Information retrieved from medical records included signalment, history, clinicopathologic variables, diagnostic imaging findings, treatment and outcome.
Overall, nine horses were enrolled in the study. Trauma was the most common inciting cause (n = 6).
Synoviocentesis using ultrasonographic guidance was performed in all cases and showed alterations consistent with septic synovitis.
Radiography identified pathology in five horses, whereas ultrasonography identified pathology in all horses.
Treatment consisted of bursoscopy (n = 6) of the bicipital bursa of which one was performed under standing sedation, through-and-through needle lavage (3), bursotomy (2) or medical management alone (2).

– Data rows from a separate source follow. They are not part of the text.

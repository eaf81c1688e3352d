-- ===== src/StateStore/Readback/Outcome.antt =====
-- What a readback that returns has read and written (ues/state_store.py,
-- `record_authoritative_readback`).
use universal_execution_syst.Prelude.{
  ℕ, String, ◌≡◌, refl, sym, subst, Bool, true, false, Option, none, some, ◌⊎◌, inl, inr, ◌==◌,
  eq_iff, Bool-cases,
}
use universal_execution_syst.Prelude.Results.{ok, Result-cases}
use universal_execution_syst.Prelude.Execs.{gets, ◌>>=◌}
use universal_execution_syst.Json.{Json}
use universal_execution_syst.Runtime.{Runtime}
use universal_execution_syst.StateStore.Model.{
  OperationState, in_flight, unknown, confirmed, reconciled_not_observed, Status, OperationRecord,
  OperationRead, WorkstreamRuntimeRecord, when_ok,
}
use universal_execution_syst.StateStore.Interface.{StateStore, OperationLaws, ReadsBack}
use universal_execution_syst.StateStore.Readback
use universal_execution_syst.StateStore.Readback.{
  record_authoritative_readback, is_ambiguous, state_of, readback_record, readback_runtime,
  write_both, write_lane,
}
use universal_execution_syst.StateStore.Claim.Keeps.{Leaves-continue, Leaves-bind, Leaves-gets}
use universal_execution_syst.StateStore.Readback.Guards.{write_lane-Leaves}

-- The operation is of the lane and is in flight or unknown.
abbrev pub IsAmbiguousOn : String → OperationRecord → Type 0
IsAmbiguousOn lane op = (op.lane_id ≡ lane) × ((op.state ≡ in_flight) ⊎ (op.state ≡ unknown))

-- The state that a readback gives an operation.
pub data Says : Option Bool → OperationState → Type 0 where
  observed : Says (some true) confirmed
  missing : Says (some false) reconciled_not_observed
  undecided : Says none unknown

-- What is read after a readback of `op`.
abbrev pub AfterReadback : String → Option Bool → OperationRecord → OperationRead → Type 0
AfterReadback key said op o =
    (o.status ≡ Status.corrupt)
    ⊎ ((q : OperationRecord) × (o.status ≡ Status.ok)
        × (o.record_read ≡ some q)
        × (q.operation_key ≡ key)
        × Says said q.state
        × (q.request_digest ≡ op.request_digest))

Says-state_of : (said : Option Bool) → Says said (state_of said)
Says-state_of (some true) = observed
Says-state_of (some false) = missing
Says-state_of none = undecided

ambiguous_cases : (s : OperationState) → is_ambiguous s ≡ true → (s ≡ in_flight) ⊎ (s ≡ unknown)
ambiguous_cases in_flight h = inl refl
ambiguous_cases unknown h = inr refl
ambiguous_cases _ h = cc

AfterReadback-of_ReadsBack :
    (rt : Runtime) (lane key : String) (now : ℕ) (said : Option Bool) (evidence : Json)
    (op : OperationRecord) (o : OperationRead)
    → ReadsBack key (readback_record rt lane key now said evidence op) o
    → AfterReadback key said op o
unfolding readback_record
AfterReadback-of_ReadsBack rt lane key now said evidence op o (inl c) = inl c
AfterReadback-of_ReadsBack rt lane key now said evidence op o (inr (q, s, r, e, st, d)) =
    inr (q, s, r, e, subst (Says said) (sym st) (Says-state_of said), d)

module _ {S : Type 0} (rt : Runtime) (store : StateStore S) (laws : OperationLaws store)
    (lane key : String) (now : ℕ) where
  write_both-ReadsBack :
      (v : ℕ) (op : OperationRecord) (runtime : WorkstreamRuntimeRecord → WorkstreamRuntimeRecord)
      (s : S) (o : OperationRead)
      → (write_both rt lane key now store v op runtime s).0 ≡ ok o
      → ReadsBack key op
          (store.read_operation key (write_both rt lane key now store v op runtime s).1)
  unfolding write_both
  write_both-ReadsBack v op runtime s o h =
      elim (Result-cases (store.compare_and_swap_operation key v op s).0) [
        | inl (a, e) ↦
            subst (ReadsBack key op)
              (sym (
                (Leaves-continue {store = store} {k = key}
                    (store.compare_and_swap_operation key v op s).0
                    (λ saved. gets (store.read_workstream lane) >>= (λ ws.
                      write_lane rt lane key now store runtime saved ws.version
                        (when_ok ws.status ws.record_read)))
                    (λ saved.
                      Leaves-bind (gets (store.read_workstream lane)) _
                        (Leaves-gets (store.read_workstream lane))
                        (λ ws.
                          write_lane-Leaves store laws key rt lane key now runtime saved ws.version
                            (when_ok ws.status ws.record_read)))).at
                  (store.compare_and_swap_operation key v op s).1))
              (laws.read-cas_ok key v op s a e)
        | inr (x, e) ↦ cc (rw e at h)
      ]

  module _ (said : Option Bool) (evidence : Json) where
    write_both-AfterReadback :
        (v : ℕ) (op : OperationRecord) (runtime : WorkstreamRuntimeRecord → WorkstreamRuntimeRecord)
        (s : S) (o : OperationRead)
        → (write_both rt lane key now store v
            (readback_record rt lane key now said evidence op)
            runtime
            s).0
          ≡ ok o
        → AfterReadback key said op (
            store.read_operation key
              (write_both rt lane key now store v
                (readback_record rt lane key now said evidence op)
                runtime
                s).1)
    write_both-AfterReadback v op runtime s o h =
        AfterReadback-of_ReadsBack rt lane key now said evidence op
          (store.read_operation key
            (write_both rt lane key now store v (readback_record rt lane key now said evidence op)
              runtime s).1)
          (write_both-ReadsBack v (readback_record rt lane key now said evidence op) runtime s o h)

    of_record :
        (v : ℕ) (op : OperationRecord) (s : S) (o : OperationRead)
        → (Readback.readback_of rt lane key now store said evidence v (some op) s).0 ≡ ok o
        → IsAmbiguousOn lane op
          × AfterReadback key said op (
              store.read_operation key
                (Readback.readback_of rt lane key now store said evidence v (some op) s).1)
    unfolding Readback.readback_of
    of_record v op s o h = elim (Bool-cases (op.lane_id == lane)) [
      | inr e ↦ cc (rw e at h)
      | inl e ↦ elim (Bool-cases (is_ambiguous op.state)) [
        | inr a ↦ cc (rw (e, a) at h)
        | inl a ↦
            rw (e, a)
              (
                ((eq_iff op.lane_id lane).0 e, ambiguous_cases op.state a),
                write_both-AfterReadback v op
                    (readback_runtime rt lane key now said
                      (readback_record rt lane key now said evidence op).receipt)
                    s o (rw (e, a) at h),
              )
      ]
    ]

    of_read :
        (v : ℕ) (r : Option OperationRecord) (s : S) (o : OperationRead)
        → (Readback.readback_of rt lane key now store said evidence v r s).0 ≡ ok o
        → (op : OperationRecord) × (r ≡ some op)
          × IsAmbiguousOn lane op
          × AfterReadback key said op (
              store.read_operation key
                (Readback.readback_of rt lane key now store said evidence v r s).1)
    unfolding Readback.readback_of
    of_read v none s o h = cc
    of_read v (some op) s o h =
        let (ambiguous, after) = of_record v op s o h in (op, refl, ambiguous, after)

    -- In a store that keeps the laws of operation records, a readback that returns has found a record
    -- of the operation, of this lane and IN_FLIGHT or UNKNOWN, and what a read finds afterwards is
    -- a record with the state that the readback says, CONFIRMED if the write was observed,
    -- RECONCILED_NOT_OBSERVED if it was seen missing and UNKNOWN if neither, and the same request
    -- digest; or a corrupt state.
    pub readback_returns :
        (s : S) (o : OperationRead)
        → (record_authoritative_readback rt lane key now store said evidence s).0 ≡ ok o
        → (op : OperationRecord) × (when_ok
              (store.read_operation key s).status
              (store.read_operation key s).record_read
            ≡ some op)
          × IsAmbiguousOn lane op
          × AfterReadback key said op (
              store.read_operation key
                (record_authoritative_readback rt lane key now store said evidence s).1)
    unfolding record_authoritative_readback
    readback_returns s o h =
        of_read (store.read_operation key s).version
          (when_ok (store.read_operation key s).status (store.read_operation key s).record_read) s o
          h
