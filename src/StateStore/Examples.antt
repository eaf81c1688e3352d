-- ===== src/StateStore/Examples.antt =====
-- Tests and applications of the theorems on ues/state_store.py.
use universal_execution_syst.Prelude.{
  ℕ, suc, ◌≤◌, String, ◌≡◌, ◌↔◌, refl, inr, arith, true, false, none, some, List, [], ◌∷◌,
}
use universal_execution_syst.Prelude.Results.{ok, raise, state_version_conflict}
use universal_execution_syst.Json.{null, object, end}
use universal_execution_syst.Runtime.{Runtime}
use universal_execution_syst.Idempotency.Effect.{EffectIdentity}
use universal_execution_syst.Prelude.Texts.{strip}
use universal_execution_syst.Prelude.Lists.{lookup}
use universal_execution_syst.Idempotency.Effect.{required_text}
use universal_execution_syst.StateStore.Document
use universal_execution_syst.StateStore.Persist
use universal_execution_syst.StateStore.File
use universal_execution_syst.StateStore.Claim
use universal_execution_syst.StateStore.Model.{
  active_auto_safe, in_flight, Lease, WorkstreamRuntimeRecord, OperationRecord, OperationRead,
  StateRead, MutationAuthorization, Status, when_ok,
}
use universal_execution_syst.StateStore.Document.{Entry, Document, FileState, FileStore, dict}
use universal_execution_syst.StateStore.Interface.{OperationLaws}
use universal_execution_syst.StateStore.File.{file_store}
use universal_execution_syst.StateStore.File.Versions.{
  Call, lease, after_calls, later_writer_conflicts,
}
use universal_execution_syst.StateStore.File.Laws.{file_store-OperationLaws}
use universal_execution_syst.StateStore.Gate.{ClaimRequest}
use universal_execution_syst.StateStore.Claim.{claim_operation}
use universal_execution_syst.StateStore.Claim.Refused.{is_allowed, Blocked-refused}
use universal_execution_syst.StateStore.Authority.{evaluate_active_auto_safe_authority}
use universal_execution_syst.StateStore.Authority.Allows.{SameLane, IsInForce, active_auto_safe_iff}
use universal_execution_syst.StateStore.Claim.Authorized.{Authorized, allowed-Authorized}
use universal_execution_syst.StateStore.File.Exclusion.{Held}
use universal_execution_syst.StateStore.Claim.Exclusion.{Held-lane_refuses}
use universal_execution_syst.StateStore.Claim.Once.{allowed_count, allowed_at_most_once}
use universal_execution_syst.StateStore.Readback.{record_authoritative_readback}
use universal_execution_syst.StateStore.Readback.Traces.{
  Event, claim, unknown_write, readback, allowances, missing_readbacks, allowances_bounded,
}
use universal_execution_syst.StateStore.Readback.Outcome.{
  IsAmbiguousOn, AfterReadback, readback_returns,
}

abbrev rt : Runtime
rt = record {
  lower = λ s. s;
  upper = λ s. s;
  isalnum = λ c. true;
  dumps = λ v. "{}";
  sha256_hex = λ s. s;
  isoformat = λ n. "t";
  decimal = λ n. "n";
}

abbrev lane : WorkstreamRuntimeRecord
lane = record {
  lane_id = "l";
  project = "p";
  route = "r";
  workstream_id = "w";
  activation_mode = active_auto_safe;
  actor_bindings = [];
  authority_provenance = none;
  evidence_bindings = none;
  action_in_flight = none;
  lease = none;
  operation_key = none;
  operation_receipt = none;
  last_observed_provider_state = none;
  last_observed_github_state = none;
  last_successful_transition = none;
  unknown_write_state = none;
  canary_grants = [];
  updated_at = none;
}

-- One lane and no operation.
abbrev start : FileStore
start = record {
  file = FileState.document (record {
    store_revision = 1;
    workstreams = ("l", record { version = 1; raw = dict lane }) ∷ [];
    operations = [];
  });
  clock = 5;
}

abbrev effect : EffectIdentity
effect = record {
  lane_id = "l";
  project = "p";
  route = "r";
  workstream_id = "w";
  action = "go";
  target = ("x", "y") ∷ [];
}

abbrev key : String
key = "ues-v2:go:{}"

abbrev request : ℕ → ClaimRequest
request now = record {
  lane_id = "l";
  owner = "o";
  operation_key = key;
  action = "go";
  request_digest = "d";
  ttl_seconds = 60;
  receipt = end;
  effect_identity = some effect;
  authorization = some (record {
    effect_identity = effect;
    authority_event_id = "e";
    project_policy_authorized = true;
    exact_binding_proven = true;
    evidence_verified = true;
    expires_at = none;
  });
  observed_start = none;
  canary_authority_event_id = none;
  now = now;
}

abbrev claimed : FileStore
claimed = (claim_operation rt (file_store rt) (request 10) start).1

claim_test : is_allowed (claim_operation rt (file_store rt) (request 10) start).0 ≡ true
unfolding claim_operation Document.read_workstream required_text strip Claim.proceed
    Persist.workstream_from_dict Document.read_operation File.acquire_lease
    Persist.workstream_to_dict Claim.spend Claim.save Claim.save_attempt Claim.attempt_record
    File.compare_and_swap_operation Claim.note_receipt File.compare_and_swap_workstream
claim_test = refl

-- A claim, an unknown write, a claim that is refused, a readback that reports the write missing, and
-- a claim that is allowed again.
abbrev story : List Event
story =
    claim (request 10)
    ∷ unknown_write "l" key 20 null
    ∷ claim (request 30)
    ∷ readback "l" key 40 (some false) null
    ∷ claim (request 100000000)
    ∷ []

story_test : missing_readbacks rt (file_store rt) key story ≡ 1
unfolding missing_readbacks
story_test = refl

file_store-OperationLaws_example : OperationLaws (file_store rt)
file_store-OperationLaws_example = file_store-OperationLaws rt

allowances_bounded_example :
    allowances rt (file_store rt) key story start
    ≤ suc (missing_readbacks rt (file_store rt) key story)
allowances_bounded_example =
    allowances_bounded rt (file_store rt) key (file_store-OperationLaws rt) story start

allowed_at_most_once_example :
    allowed_count rt (file_store rt) key (request 10 ∷ request 20 ∷ []) start ≤ 1
allowed_at_most_once_example =
    allowed_at_most_once rt (file_store rt) key (file_store-OperationLaws rt)
      (request 10 ∷ request 20 ∷ []) start

abbrev in_flight_record : OperationRecord
in_flight_record = record {
  operation_key = key;
  lane_id = "l";
  workstream_id = "w";
  action = "go";
  request_digest = "d";
  state = in_flight;
  owner = "o";
  started_at = 1;
  updated_at = 1;
  attempt = 1;
  receipt = object end;
  reconciliation_required = false;
  authoritative_readback = none;
  effect_identity = none;
}

-- The lane and an operation of it that is in flight.
abbrev busy : FileStore
busy = record {
  file = FileState.document (record {
    store_revision = 1;
    workstreams = ("l", record { version = 1; raw = dict lane }) ∷ [];
    operations = (key, record { version = 1; raw = dict in_flight_record }) ∷ [];
  });
  clock = 5;
}

Blocked-refused_example :
    (is_allowed (claim_operation rt (file_store rt) (request 10) busy).0 ≡ false)
    × ((claim_operation rt (file_store rt) (request 10) busy).1 ≡ busy)
unfolding claim_operation Document.read_operation Persist.operation_from_dict required_text strip
Blocked-refused_example =
    Blocked-refused rt (file_store rt) (request 10) busy
      (inr (in_flight_record, refl, refl, refl, λ p. cc))

abbrev decided : OperationRead
decided =
    elim (record_authoritative_readback rt "l" key 20 (file_store rt) (some true) null busy).0 [
      | ok o ↦ o
      | raise e ↦ record { status = Status.missing; version = 0; record_read = none }
    ]

readback_returns_example :
    (op : OperationRecord) × (when_ok
        ((file_store rt).read_operation key busy).status
        ((file_store rt).read_operation key busy).record_read
      ≡ some op)
    × IsAmbiguousOn "l" op
    × AfterReadback key (some true) op (
        (file_store rt).read_operation key
          (record_authoritative_readback rt "l" key 20 (file_store rt) (some true) null busy).1)
unfolding record_authoritative_readback Document.read_operation lookup Persist.operation_from_dict
    strip File.compare_and_swap_operation Document.read_workstream Persist.workstream_from_dict
    File.compare_and_swap_workstream Persist.workstream_to_dict Persist.operation_to_dict
readback_returns_example =
    readback_returns rt (file_store rt) (file_store-OperationLaws rt) "l" key 20 (some true) null
      busy decided refl

-- The first of two writers, and a lease that is taken between the two.
abbrev first_read : OperationRead
first_read = elim (File.compare_and_swap_operation rt key 1 in_flight_record busy).0 [
  | ok o ↦ o
  | raise e ↦ record { status = Status.missing; version = 0; record_read = none }
]

abbrev between : List Call
between = lease "l" "o" key 60 10 ∷ []

later_writer_conflicts_example :
    File.compare_and_swap_operation rt key 1 in_flight_record
      (after_calls rt between (File.compare_and_swap_operation rt key 1 in_flight_record busy).1)
    ≡ (
      raise state_version_conflict,
      after_calls rt between (File.compare_and_swap_operation rt key 1 in_flight_record busy).1,
    )
unfolding File.compare_and_swap_operation Document.read_operation lookup Persist.operation_from_dict
    strip Persist.operation_to_dict required_text
later_writer_conflicts_example =
    later_writer_conflicts rt key 1 in_flight_record in_flight_record between busy first_read refl
      refl

allowed-Authorized_example :
    (ws : StateRead) × (r : WorkstreamRuntimeRecord) × ((file_store rt).read_workstream "l" start
      ≡ ok ws)
    × (when_ok ws.status ws.record_read ≡ some r)
    × Authorized rt (request 10) r ((file_store rt).read_operation key start)
allowed-Authorized_example = allowed-Authorized rt (file_store rt) (request 10) start claim_test

active_auto_safe_iff_example :
    ((evaluate_active_auto_safe_authority lane effect (request 10).authorization 10).allowed ≡ true)
    ↔ ((a : MutationAuthorization) × ((request 10).authorization ≡ some a)
        × (effect ≡ a.effect_identity)
        × SameLane lane effect
        × IsInForce a 10)
active_auto_safe_iff_example = active_auto_safe_iff lane effect (request 10).authorization 10

-- The lane under a lease until time 100.
abbrev current_lease : Lease
current_lease = record {
  lease_id = "i";
  owner = "o";
  operation_key = "k";
  acquired_at = 1;
  expires_at = 100;
}

abbrev held_lane : WorkstreamRuntimeRecord
held_lane = record lane { lease = some current_lease }

abbrev held : FileStore
held = record {
  file = FileState.document (record {
    store_revision = 1;
    workstreams = ("l", record { version = 1; raw = dict held_lane }) ∷ [];
    operations = [];
  });
  clock = 5;
}

held-Held : Held rt "l" 10 held
unfolding Document.read_workstream required_text strip lookup Persist.workstream_from_dict
held-Held = record {
  read = record {
    status = Status.ok;
    version = 1;
    record_read = some held_lane;
    effective_activation_mode = active_auto_safe;
    mutation_allowed = false;
    mode_allows_mutation_candidate = true;
  };
  runtime = held_lane;
  lease = current_lease;
  found = refl;
  has = refl;
  leased = refl;
  unexpired = omega arith;
}

Held-lane_refuses_example :
    (is_allowed (claim_operation rt (file_store rt) (request 10) held).0 ≡ false)
    × ((claim_operation rt (file_store rt) (request 10) held).1 ≡ held)
Held-lane_refuses_example = Held-lane_refuses rt (request 10) held held-Held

Five (55.6%) horses survived to discharge. Long-term follow-up was available for three horses, and all were serviceably sound, with two in training as pleasure horses and one case continuing retirement.
In conclusion, ultrasonography was the most informative imaging modality and paramount in obtaining synovial fluid samples for definitive diagnosis of septic bicipital bursitis.
Bursoscopy performed under standing sedation is a feasible treatment option. Horses treated for bicipital septic bursitis have a fair prognosis for survival and may return to some level of athletic performance.
Pius Spiesshofer et al. “Septic inflammation of the bicipital bursa: clinical, imaging, and surgical findings in nine horses.” J Am Vet Med Assoc. 23 May 2023;1-8. doi: 10.2460/javma.23.02.0074.